## Exercise brief:
Somewhere below are a line with "let r = P.alloc_log2 p log2_first in" and a later line with "else (let r". Output exactly those lines and all lines between them.

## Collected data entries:
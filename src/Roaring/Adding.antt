-- ===== src/Roaring/Adding.antt =====
-- src/roaring_bitmap.c: a set is built by adding its numbers in order. A sparse set that is full
-- turns into containers. The NULL checks of arnm_roaring_add and arnm_roaring_free are left out: the set
-- and the pool are there.
use arnm.Base.{
  ℕ, zero, suc, ◌+◌, ◌-◌, ◌/◌, ◌%◌, ◌^◌, List, [], ◌∷◌, ◌++◌, Option, none, some, ltb, ◌==◌,
  if◌then◌else◌, get_elem?, get_or, ◌*◌, set, take, length,
}
use arnm.Result.{success, is_success, error_invalid_param, error_resource_exhausted}
use arnm.Roaring.{
  array, bitmap, Container, RoaringBitmap, empty_set, is_sparse, sparse_max, array_max, log2_first,
  log2_for_bytes, key_of, low_of,
}
use arnm.Roaring.Pool.{BlockPool}
use arnm.Roaring.Containers.{
  Outcome, array_of, set_bit, array_to_bitmap, array_grow, push_or_free, emit_array,
}

-- The inner loop of arnm_roaring_values_to_containers: the low parts at the front of the values
-- whose key is `key`, and the values behind them.
unfoldable pub run_of : ℕ → List ℕ → List ℕ × List ℕ
run_of key [] = ([], [])
run_of key (v ∷ vs) =
    let (lows, rest) = run_of key vs in
    if key_of v == key then (low_of v ∷ lows, rest) else ([], v ∷ vs)

-- `&set->containers[set->count - 1u]`, when there is one
unfoldable pub last_container : RoaringBitmap → Option Container
last_container s = if s.count == 0 then none else get_elem? s.containers (s.count - 1)

module _ (P : BlockPool) where
  -- arnm_roaring_free
  unfoldable pub free_containers : List Container → P.State → P.State
  free_containers [] p = p
  free_containers (c ∷ cs) p = free_containers cs (P.free_log2 p c.block c.block_log2)

  unfoldable pub free_set : RoaringBitmap → P.State → RoaringBitmap × P.State
  free_set s p =
      if is_sparse s
      then (empty_set, if s.block == 0 then p else P.free_log2 p s.block s.directory_log2)
      else (
        empty_set,
        P.free_log2 (free_containers (take s.count s.containers) p) s.block s.directory_log2,
      )

  -- The outer loop of arnm_roaring_values_to_containers, one round for each key and `rounds` at most.
  unfoldable pub emit_runs : ℕ → RoaringBitmap → List ℕ → P.State → Outcome RoaringBitmap P.State
  emit_runs rounds out [] p = record { result = success; out = out; pool = p }
  emit_runs zero out (v ∷ vs) p = record { result = success; out = out; pool = p }
  emit_runs (suc rounds) out (v ∷ vs) p =
      let (lows, rest) = run_of (key_of v) (v ∷ vs) in
      let r = emit_array P out (key_of v) lows (length lows) p in
      let done = emit_runs rounds r.out rest r.pool in if is_success r.result then done else r

  -- arnm_roaring_values_to_containers
  unfoldable pub values_to_containers :
      RoaringBitmap → List ℕ → ℕ → P.State → Outcome RoaringBitmap P.State
  values_to_containers out values count p = emit_runs count out (take count values) p

  -- sparse_to_containers
  unfoldable pub sparse_to_containers : RoaringBitmap → P.State → Outcome RoaringBitmap P.State
  sparse_to_containers s p =
      let built = values_to_containers empty_set s.values s.cardinality p in
      if is_success built.result
      then record built { pool = P.free_log2 built.pool s.block s.directory_log2 }
      else record { result = built.result; out = s; pool = (free_set built.out built.pool).1 }

  -- arnm_roaring_values_result
  unfoldable pub values_result :
      RoaringBitmap → List ℕ → ℕ → P.State → Outcome RoaringBitmap P.State
  values_result out values count p =
      if count == 0
      then record { result = success; out = out; pool = p }
      else if ltb sparse_max count
      then values_to_containers out values count p
      else let log2 = log2_for_bytes (count * 4 % 4294967296) in
        let r = P.alloc_log2 p log2 in
        if is_success r.result
        then record {
          result = success;
          out = record out {
            block = r.block;
            values = take count values;
            directory_log2 = log2;
            cardinality = count;
            maximum = get_or values (count - 1) 0;
          };
          pool = r.pool;
        }
        else record { result = r.result; out = out; pool = r.pool }

  -- The block of a sparse set when it is full: a first one, or one twice the size.
  unfoldable pub grow_values : RoaringBitmap → P.State → Outcome RoaringBitmap P.State
  grow_values s p =
      let log2 = if s.block == 0 then log2_first else (s.directory_log2 + 1) % 256 in
      let r = P.alloc_log2 p log2 in
      if is_success r.result
      then record {
        result = success;
        out = record s {
          block = r.block;
          values = if s.block == 0 then [] else take s.cardinality s.values;
          directory_log2 = log2;
        };
        pool = if s.block == 0 then r.pool else P.free_log2 r.pool s.block s.directory_log2;
      }
      else record { result = r.result; out = s; pool = r.pool }

  -- sparse_add
  unfoldable pub sparse_add : RoaringBitmap → ℕ → P.State → Outcome RoaringBitmap P.State
  sparse_add s value p =
      let capacity = if s.block == 0 then 0 else 2 ^ s.directory_log2 / 4 in
      let g =
        if s.cardinality == capacity
        then grow_values s p
        else record { result = success; out = s; pool = p } in
      if is_success g.result
      then record g {
        out = record g.out {
          values = take g.out.cardinality g.out.values ++ value ∷ [];
          cardinality = (g.out.cardinality + 1) % 4294967296;
          maximum = value;
        };
      }
      else g

  -- The low part goes into an array that has room, or gets it.
  unfoldable pub array_add : Container → ℕ → P.State → Outcome Container P.State
  array_add last low p =
      let g =
        if last.cardinality == 2 ^ last.block_log2 / 2
        then array_grow P last p
        else record { result = success; out = last; pool = p } in
      if is_success g.result
      then record g {
        out = record g.out {
          contents = array (take g.out.cardinality (array_of g.out.contents) ++ low ∷ []);
        };
      }
      else g

  -- The low part goes into the last container; the count of it follows.
  unfoldable pub last_add : Container → ℕ → P.State → Outcome Container P.State
  last_add last low p =
      let r : Outcome Container P.State = elim last.contents [
        | bitmap words ↦ record {
          result = success;
          out = record last { contents = bitmap (set_bit low words) };
          pool = p;
        }
        | array lows ↦
            if last.cardinality == array_max
            then array_to_bitmap P last low p
            else array_add last low p
      ] in
      if is_success r.result
      then record r { out = record r.out { cardinality = (r.out.cardinality + 1) % 4294967296 } }
      else r

  -- A container of its own for the low part, at the end of the directory.
  unfoldable pub new_container : RoaringBitmap → ℕ → ℕ → P.State → Outcome RoaringBitmap P.State
  new_container s key low p =
      let r = P.alloc_log2 p log2_first in
      let container : Container = record {
        block = r.block;
        contents = array (low ∷ []);
        cardinality = 1;
        key = key;
        block_log2 = log2_first;
      } in
      if is_success r.result
      then push_or_free P s container r.pool
      else record { result = r.result; out = s; pool = r.pool }

  -- The part of arnm_roaring_add that finds the container of the value: the last one, or a new one.
  unfoldable pub place_low : RoaringBitmap → ℕ → ℕ → P.State → Outcome RoaringBitmap P.State
  place_low s key low p = elim (last_container s) [
    | none ↦ new_container s key low p
    | some last ↦
        if last.key == key
        then (let r = last_add last low p in
            record {
              result = r.result;
              out = record s { containers = set s.containers (s.count - 1) r.out };
              pool = r.pool;
            })
        else new_container s key low p
  ]

  -- The end of arnm_roaring_add: the count and the maximum of the set.
  unfoldable pub container_add : RoaringBitmap → ℕ → P.State → Outcome RoaringBitmap P.State
  container_add s value p =
      let r = place_low s (key_of value) (low_of value) p in
      if is_success r.result
      then record r {
        out = record r.out { cardinality = (r.out.cardinality + 1) % 4294967296; maximum = value };
      }
      else r

  -- arnm_roaring_add behind its checks of the maximum
  unfoldable pub append : RoaringBitmap → ℕ → P.State → Outcome RoaringBitmap P.State
  append s value p =
      if is_sparse s
      then if ltb s.cardinality sparse_max
        then sparse_add s value p
        else (let r = sparse_to_containers s p in
            if is_success r.result then container_add r.out value r.pool else r)
      else container_add s value p

  -- arnm_roaring_add
  unfoldable pub add : RoaringBitmap → ℕ → P.State → Outcome RoaringBitmap P.State
  add s value p =
      if s.cardinality == 0
      then append s value p
      else if ltb value s.maximum
      then record { result = error_invalid_param; out = s; pool = p }
      else if value == s.maximum
      then record { result = success; out = s; pool = p }
      else if s.cardinality == 4294967295
      then record { result = error_resource_exhausted; out = s; pool = p }
      else append s value p
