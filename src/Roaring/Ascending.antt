-- ===== src/Roaring/Ascending.antt =====
-- Strictly ascending lists between two bounds, which is what the values of a set are.
use arnm.Base.{
  ℕ, zero, suc, ◌+◌, ◌-◌, ◌≤◌, ◌<◌, ◌≡◌, List, [], ◌∷◌, ◌++◌, some, arith, map, length, get_elem?,
}
use native.Mathlib.Numerals.{unary_clauses}
use arnm.Roaring.{value_of}

-- at least `lo`, each above the one before, and below `hi`
abbrev pub IsAscending : ℕ → List ℕ → ℕ → Type 0
IsAscending lo [] hi = lo ≤ hi
IsAscending lo (x ∷ xs) hi = (lo ≤ x) × IsAscending (suc x) xs hi

pub IsAscending-le : (lo : ℕ) (xs : List ℕ) (hi : ℕ) → IsAscending lo xs hi → lo ≤ hi
IsAscending-le lo [] hi h = h
IsAscending-le lo (x ∷ xs) hi (le, h) = omega (arith, IsAscending-le (suc x) xs hi h)

pub IsAscending-widen :
    (lo : ℕ) (xs : List ℕ) (hi top : ℕ) → IsAscending lo xs hi → hi ≤ top → IsAscending lo xs top
IsAscending-widen lo [] hi top h le = omega arith
IsAscending-widen lo (x ∷ xs) hi top (at_least, h) le =
    (at_least, IsAscending-widen (suc x) xs hi top h le)

pub IsAscending-lower :
    (lo least : ℕ) (xs : List ℕ) (hi : ℕ)
    → IsAscending lo xs hi
    → least ≤ lo
    → IsAscending least xs hi
IsAscending-lower lo least [] hi h le = omega arith
IsAscending-lower lo least (x ∷ xs) hi (at_least, h) le = (omega arith, h)

pub IsAscending-append :
    (lo : ℕ) (xs : List ℕ) (middle : ℕ) (ys : List ℕ) (hi : ℕ)
    → IsAscending lo xs middle
    → IsAscending middle ys hi
    → IsAscending lo (xs ++ ys) hi
IsAscending-append lo [] middle ys hi h k = IsAscending-lower middle lo ys hi k h
IsAscending-append lo (x ∷ xs) middle ys hi (at_least, h) k =
    (at_least, IsAscending-append (suc x) xs middle ys hi h k)

-- A value that is not below the bound goes behind the others.
pub IsAscending-snoc :
    (lo : ℕ) (xs : List ℕ) (hi x : ℕ)
    → IsAscending lo xs hi
    → hi ≤ x
    → IsAscending lo (xs ++ x ∷ []) (suc x)
IsAscending-snoc lo xs hi x h le = IsAscending-append lo xs hi (x ∷ []) (suc x) h (le, omega arith)

pub IsAscending-split :
    (lo : ℕ) (xs ys : List ℕ) (hi : ℕ)
    → IsAscending lo (xs ++ ys) hi
    → (middle : ℕ) × IsAscending lo xs middle × IsAscending middle ys hi
IsAscending-split lo [] ys hi h = (lo, omega arith, h)
IsAscending-split lo (x ∷ xs) ys hi (at_least, h) =
    let (middle, front, back) = IsAscending-split (suc x) xs ys hi h in
    (middle, (at_least, front), back)

-- The last of the values is the bound below them.
pub IsAscending-last :
    (lo : ℕ) (xs : List ℕ) (x hi : ℕ)
    → IsAscending lo (xs ++ x ∷ []) hi
    → IsAscending lo xs x × (x < hi)
IsAscending-last lo [] x hi (le, h) = (le, h)
IsAscending-last lo (y ∷ ys) x hi (at_least, h) =
    let (front, less) = IsAscending-last (suc y) ys x hi h in ((at_least, front), less)

pub length-IsAscending :
    (lo : ℕ) (xs : List ℕ) (hi : ℕ) → IsAscending lo xs hi → lo + length xs ≤ hi
length-IsAscending lo [] hi h = omega arith
length-IsAscending lo (x ∷ xs) hi (le, h) = omega (arith, length-IsAscending (suc x) xs hi h)

-- The low parts of one key ascend as their values do.
pub IsAscending-map_value_of :
    (key lo : ℕ) (lows : List ℕ) (hi : ℕ)
    → IsAscending lo lows hi
    → IsAscending (value_of key lo) (map (value_of key) lows) (value_of key hi)
IsAscending-map_value_of key lo [] hi h = omega arith
IsAscending-map_value_of key lo (x ∷ xs) hi (le, h) =
    (omega arith, simp unary_clauses at (IsAscending-map_value_of key (suc x) xs hi h))

pub IsAscending-of_values :
    (key lo : ℕ) (lows : List ℕ) (hi bound : ℕ)
    → IsAscending lo lows bound
    → (least : ℕ) → IsAscending least (map (value_of key) lows) (value_of key hi)
    → lo ≤ hi
    → IsAscending lo lows hi
IsAscending-of_values key lo [] hi bound h least k le = le
IsAscending-of_values key lo (x ∷ xs) hi bound (at_least, h) least (at, k) le =
    let below = IsAscending-le _ (map (value_of key) xs) _ k in
    (
      at_least,
      IsAscending-of_values key (suc x) xs hi bound h (suc (value_of key x)) k (omega arith),
    )

-- The entry at the last place bounds the others.
pub IsAscending-top :
    (lo : ℕ) (xs : List ℕ) (hi : ℕ)
    → IsAscending lo xs hi
    → (last : ℕ) → get_elem? xs (length xs - 1) ≡ some last
    → IsAscending lo xs (suc last)
IsAscending-top lo [] hi h last there = absurd (ground arith)
IsAscending-top lo (x ∷ []) hi (at_least, h) last there =
    let same : x ≡ last = ground arith in (at_least, omega arith)
IsAscending-top lo (x ∷ y ∷ ys) hi (at_least, h) last there =
    let next : suc (suc (length ys)) - 1 ≡ suc (suc (length ys) - 1) = omega arith in
    let below = rw next at there in (at_least, IsAscending-top (suc x) (y ∷ ys) hi h last below)

-- Every entry is below the bound.
pub IsAscending-entry :
    (lo : ℕ) (xs : List ℕ) (hi i x : ℕ) → IsAscending lo xs hi → get_elem? xs i ≡ some x → x < hi
IsAscending-entry lo [] hi i x h there = absurd (ground arith)
IsAscending-entry lo (y ∷ ys) hi zero x (at_least, h) there =
    let below = IsAscending-le (suc y) ys hi h in let same : y ≡ x = ground arith in omega arith
IsAscending-entry lo (y ∷ ys) hi (suc i) x (at_least, h) there =
    IsAscending-entry (suc y) ys hi i x h there
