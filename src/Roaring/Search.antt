-- ===== src/Roaring/Search.antt =====
-- The binary searches of src/roaring_intern.h. Each reads a sorted array through its own test of the
-- entry in the middle; the loop is the same in
-- all of them. The sum of the bounds does not wrap, since an array has 65536 entries at most.
use arnm.Base.{
  ℕ, zero, suc, ◌+◌, ◌-◌, ◌/◌, List, none, some, Bool, false, ltb, leb, ◌==◌, ◌||◌, if◌then◌else◌,
  get_elem?,
}
use arnm.Roaring.{Container, RoaringBitmap}

-- The loop: `goes_up middle` is the test that moves `low` past the middle. `rounds` of it at most.
unfoldable pub search : (ℕ → Bool) → ℕ → ℕ → ℕ → ℕ
search goes_up zero low high = low
search goes_up (suc rounds) low high =
    let middle = (low + high) / 2 in
    let up = goes_up middle in
    let rest =
      search goes_up rounds (if up then middle + 1 else low) (if up then high else middle) in
    if ltb low high then rest else low

-- `array[i] < value` and `array[i] <= value`
unfoldable pub entry_below : List ℕ → ℕ → ℕ → Bool
entry_below entries value i = elim (get_elem? entries i) [ none ↦ false | some x ↦ ltb x value ]

unfoldable pub entry_upto : List ℕ → ℕ → ℕ → Bool
entry_upto entries value i = elim (get_elem? entries i) [ none ↦ false | some x ↦ leb x value ]

-- arnm_roaring_lower_bound16
unfoldable pub lower_bound : List ℕ → ℕ → ℕ → ℕ
lower_bound entries count value = elim (get_elem? entries 0) [
  | none ↦ 0
  | some first ↦
      if count == 0 || leb value first then 0 else search (entry_below entries value) count 0 count
]

-- arnm_roaring_upper_bound16
unfoldable pub upper_bound : List ℕ → ℕ → ℕ → ℕ
upper_bound entries count value = elim (get_elem? entries (count - 1)) [
  | none ↦ count
  | some last ↦
      if count == 0 || leb last value
      then count
      else search (entry_upto entries value) count 0 count
]

-- arnm_roaring_lower_bound32 and upper_bound32, which are the same on wider entries
abbrev pub lower_bound32 : List ℕ → ℕ → ℕ → ℕ
lower_bound32 entries count value = lower_bound entries count value

abbrev pub upper_bound32 : List ℕ → ℕ → ℕ → ℕ
upper_bound32 entries count value = upper_bound entries count value

-- `containers[i].key < key` and `containers[i].key <= key`
unfoldable pub key_below : List Container → ℕ → ℕ → Bool
key_below containers key i = elim (get_elem? containers i) [ none ↦ false | some c ↦ ltb c.key key ]

-- arnm_roaring_first_container
unfoldable pub first_container : RoaringBitmap → ℕ → ℕ
first_container set key = elim (get_elem? set.containers 0) [
  | none ↦ 0
  | some first ↦
      if set.count == 0 || leb key first.key
      then 0
      else search (key_below set.containers key) set.count 0 set.count
]

unfoldable pub key_upto : List Container → ℕ → ℕ → Bool
key_upto containers key i = elim (get_elem? containers i) [ none ↦ false | some c ↦ leb c.key key ]

-- arnm_roaring_container_after
unfoldable pub container_after : RoaringBitmap → ℕ → ℕ
container_after set key = elim (get_elem? set.containers (set.count - 1)) [
  | none ↦ set.count
  | some last ↦
      if set.count == 0 || leb last.key key
      then set.count
      else search (key_upto set.containers key) set.count 0 set.count
]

## Response area:
      let r = P.alloc_log2 p log2_first in
      let container : Container = record {
        block = r.block;
        contents = array (low ∷ []);
        cardinality = 1;
        key = key;
        block_log2 = log2_first;
      } in
      if is_success r.result
      then push_or_free P s container r.pool
      else record { result = r.result; out = s; pool = r.pool }

  -- The part of arnm_roaring_add that finds the container of the value: the last one, or a new one.
  unfoldable pub place_low : RoaringBitmap → ℕ → ℕ → P.State → Outcome RoaringBitmap P.State
  place_low s key low p = elim (last_container s) [
    | none ↦ new_container s key low p
    | some last ↦
        if last.key == key
        then (let r = last_add last low p in
            record {
              result = r.result;
              out = record s { containers = set s.containers (s.count - 1) r.out };
              pool = r.pool;
            })
        else new_container s key low p
  ]

  -- The end of arnm_roaring_add: the count and the maximum of the set.
  unfoldable pub container_add : RoaringBitmap → ℕ → P.State → Outcome RoaringBitmap P.State
  container_add s value p =
      let r = place_low s (key_of value) (low_of value) p in
      if is_success r.result
      then record r {
        out = record r.out { cardinality = (r.out.cardinality + 1) % 4294967296; maximum = value };
      }
      else r

  -- arnm_roaring_add behind its checks of the maximum
  unfoldable pub append : RoaringBitmap → ℕ → P.State → Outcome RoaringBitmap P.State
  append s value p =
      if is_sparse s
      then if ltb s.cardinality sparse_max
        then sparse_add s value p
        else (let r = sparse_to_containers s p in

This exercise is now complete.